ゆうらり、ゆらゆら、コーヒーのにおいとタバコのにおい。

「うん、それは、そうかもね、――おかしかったころのわたしじゃなくて、良かったかな」
「……あのあとちゃんと会えたってんなら、良かったよ。にしても、カズトよくやったなあ」
「何がね」

きがくるった頃の話。彼がどこかに行ってしまってどうにかなりそうだった、というかなってしまった話。
それすらも、そんなこともあったね、と済ませられるのは。ひとえに目の前の男のおかげなのだ。

「子持ちの人妻を大衆の前で脱がすかって」
「……。……身体は……本の中の時のだから……えっと22のわたしだから……セーフ……いやセーフじゃない……カズトころす……」

視線がつうと逸れて、どこかに行った。誤魔化すように紫煙を吐き出した姿を見て、まさか、と思う。そして思い出す。
あいつ、これ俺じゃなくてフェデルタの案なの!って言ってなかったっけ。それがどこまで掛かるのかによっては、今すぐにこの男を処さなければならない。むしろ旦那をここに呼びたい。

「おじさん」
「……ハイなんでしょう」
「脱ぐのって誰の案」

刺すような鋭い視線に、男が観念したように声をあげた。

「……お前さんざん脱いでた……ッつーか破いてたから大丈夫だと思って……」
「いつか殺す」

勘弁してくれ、と呻くような声を落として、フェデルタがひとつふたつ、ため息をつく。
さっきも言ったけれど、このひとがいなかったら自分は、もしかしたら、彼と再び会うことも叶わなかっただろうから。
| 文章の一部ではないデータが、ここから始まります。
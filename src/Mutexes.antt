-- ===== src/Mutexes.antt =====
-- lib/posix/pthread/pthread_mutex.c and lib/posix/posix_types.h: POSIX mutexes on a test-and-set
-- lock. A pointer that may be NULL is an option. The calling thread, `pthread_self()`, is an
-- argument. The store to `owner` and the change of `lock` beside it are one step.
pub mod Exclusion
mod Tests
use avrix.Base.{ltb, ◌==◌, if◌then◌else◌, ℕ, not, ◌&&◌, Option, none, some}

abbrev pub pthread_mutex_normal : ℕ
pthread_mutex_normal = 0

abbrev pub pthread_mutex_recursive : ℕ
pthread_mutex_recursive = 1

abbrev pub pthread_mutex_errorcheck : ℕ
pthread_mutex_errorcheck = 2

abbrev pub pthread_prio_none : ℕ
pthread_prio_none = 0

-- What a call returns, 0 or an error.
pub data Code : Type 0 where
  success einval ebusy edeadlk eperm enotsup : Code

-- `pthread_mutex_t` and `pthread_mutexattr_t`
pub record Mutex : Type 0 where
  pub lock : ℕ
  pub owner : ℕ
  pub type : ℕ

pub record MutexAttr : Type 0 where
  pub type : ℕ
  pub protocol : ℕ

unfoldable pub pthread_mutex_init : Option Mutex → Option MutexAttr → Code × Option Mutex
pthread_mutex_init none attr = (einval, none)
pthread_mutex_init (some m) none =
    (success, some (record { lock = 0; owner = 0; type = pthread_mutex_normal }))
pthread_mutex_init (some m) (some attr) =
    (success, some (record { lock = 0; owner = 0; type = attr.type }))

unfoldable pub pthread_mutex_destroy : Option Mutex → Code
pthread_mutex_destroy none = einval
pthread_mutex_destroy (some m) = if m.lock == 0 then success else ebusy

-- `hal_atomic_test_and_set_u8`: the value before, and the mutex with its lock set.
unfoldable pub test_and_set : Mutex → ℕ × Mutex
test_and_set m = (m.lock, record m { lock = 1 })

-- A round of `pthread_mutex_lock`: it returns, or yields and goes on to the next round.
pub data Attempt : Type 0 where
  returns : Code → Attempt
  yields : Attempt

-- The body of the loop, and what follows it.
unfoldable pub lock_round : ℕ → Mutex → Attempt × Mutex
lock_round self m =
    let (before, m') = test_and_set m in
    if before == 0 then (returns success, record m' { owner = self }) else (yields, m')

-- The call up to the end of its first round.
unfoldable pub pthread_mutex_lock : ℕ → Option Mutex → Attempt × Option Mutex
pthread_mutex_lock self none = (returns einval, none)
pthread_mutex_lock self (some m) =
    let (attempt, m') = lock_round self m in
    if m.type == pthread_mutex_recursive && m.owner == self
    then (returns success, some m)
    else if m.type == pthread_mutex_errorcheck && m.owner == self
    then (returns edeadlk, some m)
    else (attempt, some m')

unfoldable pub pthread_mutex_trylock : ℕ → Option Mutex → Code × Option Mutex
pthread_mutex_trylock self none = (einval, none)
pthread_mutex_trylock self (some m) =
    let (before, m') = test_and_set m in
    if m.type == pthread_mutex_recursive && m.owner == self
    then (success, some m)
    else if before == 0
    then (success, some (record m' { owner = self }))
    else (ebusy, some m')

unfoldable pub pthread_mutex_unlock : ℕ → Option Mutex → Code × Option Mutex
pthread_mutex_unlock self none = (einval, none)
pthread_mutex_unlock self (some m) =
    if m.type == pthread_mutex_errorcheck && not (m.owner == self)
    then (eperm, some m)
    else (success, some (record m { owner = 0; lock = 0 }))

unfoldable pub pthread_mutexattr_init : Option MutexAttr → Code × Option MutexAttr
pthread_mutexattr_init none = (einval, none)
pthread_mutexattr_init (some attr) =
    (success, some (record { type = pthread_mutex_normal; protocol = pthread_prio_none }))

-- The type is an `int`; a negative one is `none`.
unfoldable pub pthread_mutexattr_settype : Option MutexAttr → Option ℕ → Code × Option MutexAttr
pthread_mutexattr_settype none type = (einval, none)
pthread_mutexattr_settype (some attr) none = (einval, some attr)
pthread_mutexattr_settype (some attr) (some type) =
    if ltb pthread_mutex_errorcheck type
    then (einval, some attr)
    else (success, some (record attr { type = type }))

-- The protocol is an `int`; a negative one is `none`.
unfoldable pub pthread_mutexattr_setprotocol : Option MutexAttr → Option ℕ → Code × Option MutexAttr
pthread_mutexattr_setprotocol none protocol = (einval, none)
pthread_mutexattr_setprotocol (some attr) none = (enotsup, some attr)
pthread_mutexattr_setprotocol (some attr) (some protocol) =
    if protocol == pthread_prio_none
    then (success, some (record attr { protocol = protocol }))
    else (enotsup, some attr)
「……まあ、なんか、お祭りみたいな感じだったし、許さないこともない、けど、……それより、ありがとう、フェデルタさん」
「なんだよったく……もう散々言われたから、今更いいよ」
「何度言ったって足りないくらい」

次に会える日は来るのだろうか。もう、自分たちは、子どもができたのを切欠に、メルンテーゼに定住を決めたから、どこかに行ったりするようなことはまずない。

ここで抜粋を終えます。